Department of Microbiology, Faculty of Medicine, Chulalongkorn University, King Chulalongkorn Memorial Hospital, Thai Red Cross Society, 1873 Rama 4 Road, Bangkok, Pathumwan, Thailand.
BMC Med. 2025 Mar 31;23(1):191. doi: 10.1186/s12916-025-04009-x.
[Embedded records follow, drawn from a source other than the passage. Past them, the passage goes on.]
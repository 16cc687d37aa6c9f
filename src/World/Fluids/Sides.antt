-- ===== src/World/Fluids/Sides.antt =====
-- The places beside and below a fluid, as they are read and as they are given to a call.
use macintosh_craft.Base.{◌+◌, ℕ, ◌<◌, ◌≡◌, refl, ap, sym, ◌∙◌, true, inl, inr, ◌⊎◌, arith}
use macintosh_craft.Base.Int.{
  ℤ, pos, negsuc, ◌+ℤ◌, ◌-ℤ◌, ◌<ℤ◌, ◌≤ℤ◌, IsShort, to_i16, to_u8, to_i16_id, to_i16-IsShort,
  to_u8-lt,
}
use macintosh_craft.Registry.{Block}
use macintosh_craft.Terrain.{Generator, block}
use macintosh_craft.World.Changes.{Changes, Place}
use macintosh_craft.World.Changes.Write.{same_place}
use macintosh_craft.World.Blocks.{get_block_at}
use macintosh_craft.World.Blocks.Reads.{InWorld}
use macintosh_craft.World.Blocks.Kept.{same_place-equal}
use macintosh_craft.World.Fluids.{Side, side_x, side_z, adjacent, beside, beneath}
use macintosh_craft.World.Fluids.Side.{east, west, south, north}

-- The place is not at the border of the range of `short`.
abbrev pub IsInner : Place → Type 0
IsInner q =
    (negsuc 32767 <ℤ q.x)
    × (q.x <ℤ pos 32767)
    × (negsuc 32767 <ℤ q.z)
    × (q.z <ℤ pos 32767)
    × (q.y < 256)

pub inner-InWorld : (q : Place) → IsInner q → InWorld q
inner-InWorld q h = omega arith

-- The conversion to `short` next to the border.
pub inner_short :
    (v t : ℤ)
    → (negsuc 32768 ≤ℤ v) × (v ≤ℤ pos 32768)
    → (negsuc 32767 <ℤ t) × (t <ℤ pos 32767)
    → to_i16 v ≡ t
    → v ≡ t
unfolding to_i16
inner_short v t (l, h) (l', h') e = ground arith

side_x_bounds :
    (a : ℤ) (d : Side) → IsShort a → (negsuc 32768 ≤ℤ a +ℤ side_x d) × (a +ℤ side_x d ≤ℤ pos 32768)
unfolding ◌+ℤ◌
side_x_bounds a east h = ground arith
side_x_bounds a west h = ground arith
side_x_bounds a south h = ground arith
side_x_bounds a north h = ground arith

side_z_bounds :
    (a : ℤ) (d : Side) → IsShort a → (negsuc 32768 ≤ℤ a +ℤ side_z d) × (a +ℤ side_z d ≤ℤ pos 32768)
unfolding ◌+ℤ◌
side_z_bounds a east h = ground arith
side_z_bounds a west h = ground arith
side_z_bounds a south h = ground arith
side_z_bounds a north h = ground arith

same_byte : (y : ℕ) → y < 256 → to_u8 (pos y) ≡ y
unfolding to_u8
same_byte y h = omega arith

-- Where a call goes beside a place is where the block was read.
pub adjacent-beside :
    (g : Generator) (s : Changes) (p q : Place) (d : Side)
    → InWorld p
    → IsInner q
    → same_place (beside p d) q ≡ true
    → adjacent g s p d ≡ get_block_at g s q.x (pos q.y) q.z
unfolding adjacent beside
adjacent-beside g s p q d (px, pz, py) (xl, xh, zl, zh, qy) same =
    let e = same_place-equal (beside p d) q same in
    let x =
      inner_short (p.x +ℤ side_x d) q.x (side_x_bounds p.x d px) (xl, xh)
        (ap (λ (t : Place). t.x) e) in
    let z =
      inner_short (p.z +ℤ side_z d) q.z (side_z_bounds p.z d pz) (zl, zh)
        (ap (λ (t : Place). t.z) e) in
    let y : p.y ≡ q.y = sym (same_byte p.y py) ∙ ap (λ (t : Place). t.y) e in rw (x, y, z) refl

pub under :
    (g : Generator) (s : Changes) (p : Place)
    → get_block_at g s p.x (negsuc 0) p.z ≡ block g Block.bedrock
unfolding get_block_at
under g s p = refl

-- One block lower: the byte is the height, unless that is below 0.
lower :
    (y : ℕ) → y < 256 → to_u8 (pos y -ℤ pos 1) < 255 → pos y -ℤ pos 1 ≡ pos (to_u8 (pos y -ℤ pos 1))
unfolding to_u8 ◌-ℤ◌
lower y h k = ground arith

pub lower_byte : (y : ℕ) → y < 256 → to_u8 (pos y -ℤ pos 1) < 255 → to_u8 (pos y -ℤ pos 1) + 1 ≡ y
unfolding to_u8 ◌-ℤ◌
lower_byte y h k = ground arith

pub ground_floor : (y : ℕ) → y < 256 → (to_u8 (pos y -ℤ pos 1) < 255) ⊎ (pos y -ℤ pos 1 ≡ negsuc 0)
unfolding to_u8 ◌-ℤ◌
ground_floor y h = ground arith

-- So it is one block lower, where below the world there is bedrock.
pub below-beneath :
    (g : Generator) (s : Changes) (p q : Place)
    → InWorld p
    → same_place (beneath p) q ≡ true
    → (get_block_at g s p.x (pos p.y -ℤ pos 1) p.z ≡ get_block_at g s q.x (pos q.y) q.z)
      ⊎ (get_block_at g s p.x (pos p.y -ℤ pos 1) p.z ≡ block g Block.bedrock)
unfolding beneath
below-beneath g s p q (px, pz, py) same = elim (ground_floor p.y py) [
  | inr floor ↦ inr (rw floor (under g s p))
  | inl above ↦
      let e = same_place-equal (beneath p) q same in
      let x : p.x ≡ q.x = sym (to_i16_id p.x px) ∙ ap (λ (t : Place). t.x) e in
      let z : p.z ≡ q.z = sym (to_i16_id p.z pz) ∙ ap (λ (t : Place). t.z) e in
      let y : pos p.y -ℤ pos 1 ≡ pos q.y = lower p.y py above ∙ ap (λ (t : Place). pos t.y) e in
      inl (rw (x, y, z) refl)
]

pub beside-InWorld : (p : Place) (d : Side) → InWorld (beside p d)
unfolding beside
beside-InWorld p d = (to_i16-IsShort _, to_i16-IsShort _, to_u8-lt _)

pub beneath-InWorld : (p : Place) → InWorld (beneath p)
unfolding beneath
beneath-InWorld p = (to_i16-IsShort _, to_i16-IsShort _, to_u8-lt _)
Pseudomonas aeruginosa infections in the lungs affect millions of children and adults worldwide. To our knowledge, no clinically validated prognostic biomarkers for chronic pulmonary P. aeruginosa infections exist. Therefore, this study aims to identify potential prognostic markers for chronic P. aeruginosa biofilm lung infections.
Here, we screened the expression of 11 P. aeruginosa regulatory genes (tesG, algD, lasR, lasA, lasB, pelB, phzF, rhlA, rsmY, rsmZ, and sagS) to identify associations between clinical status and chronic biofilm infection.
RNA was extracted from 210 sputum samples from patients (n = 70) with chronic P. aeruginosa lung infections (mean age; 29.3-56.2 years; 33 female). Strong biofilm formation was correlated with prolonged hospital stays (212.2 days vs. 44.4 days) and increased mortality (46.2% (18)). Strong biofilm formation is associated with increased tesG expression (P = 0.001), influencing extended intensive care unit (P = 0.002) or hospitalisation stays (P = 0.001), pneumonia risk (P = 0.006), and mortality (P = 0.001). Notably, tesG expression is linked to the modulation of systemic and sputum inflammatory responses and predicts biofilm biomass.
This study provides the first clinical dataset of tesG expression levels as a predictive biomarker for chronic P. aeruginosa pulmonary infections.
肺部铜绿假单胞菌感染影响着全球数百万儿童和成人。据我们所知,目前尚无经临床验证的慢性肺部铜绿假单胞菌感染的预后生物标志物。因此,本研究旨在确定慢性铜绿假单胞菌生物被膜肺部感染的潜在预后标志物。
在此,我们筛选了11个铜绿假单胞菌调控基因(tesG、algD、lasR、lasA、lasB、pelB、phzF、rhlA、rsmY、rsmZ和sagS)的表达,以确定临床状态与慢性生物被膜感染之间的关联。
从70例慢性铜绿假单胞菌肺部感染患者(平均年龄29.3 - 56.2岁;33名女性)的210份痰液样本中提取RNA。强烈的生物被膜形成与住院时间延长(212.2天对44.4天)和死亡率增加(46.2%(18例))相关。强烈的生物被膜形成与tesG表达增加有关(P = 0.001),影响延长的重症监护病房住院时间(P = 0.002)或住院时间(P = 0.001)、肺炎风险(P = 0.006)和死亡率(P = 0.001)。值得注意的是,tesG表达与全身和痰液炎症反应的调节有关,并可预测生物被膜生物量。
本研究提供了首个tesG表达水平作为慢性铜绿假单胞菌肺部感染预测生物标志物的临床数据集。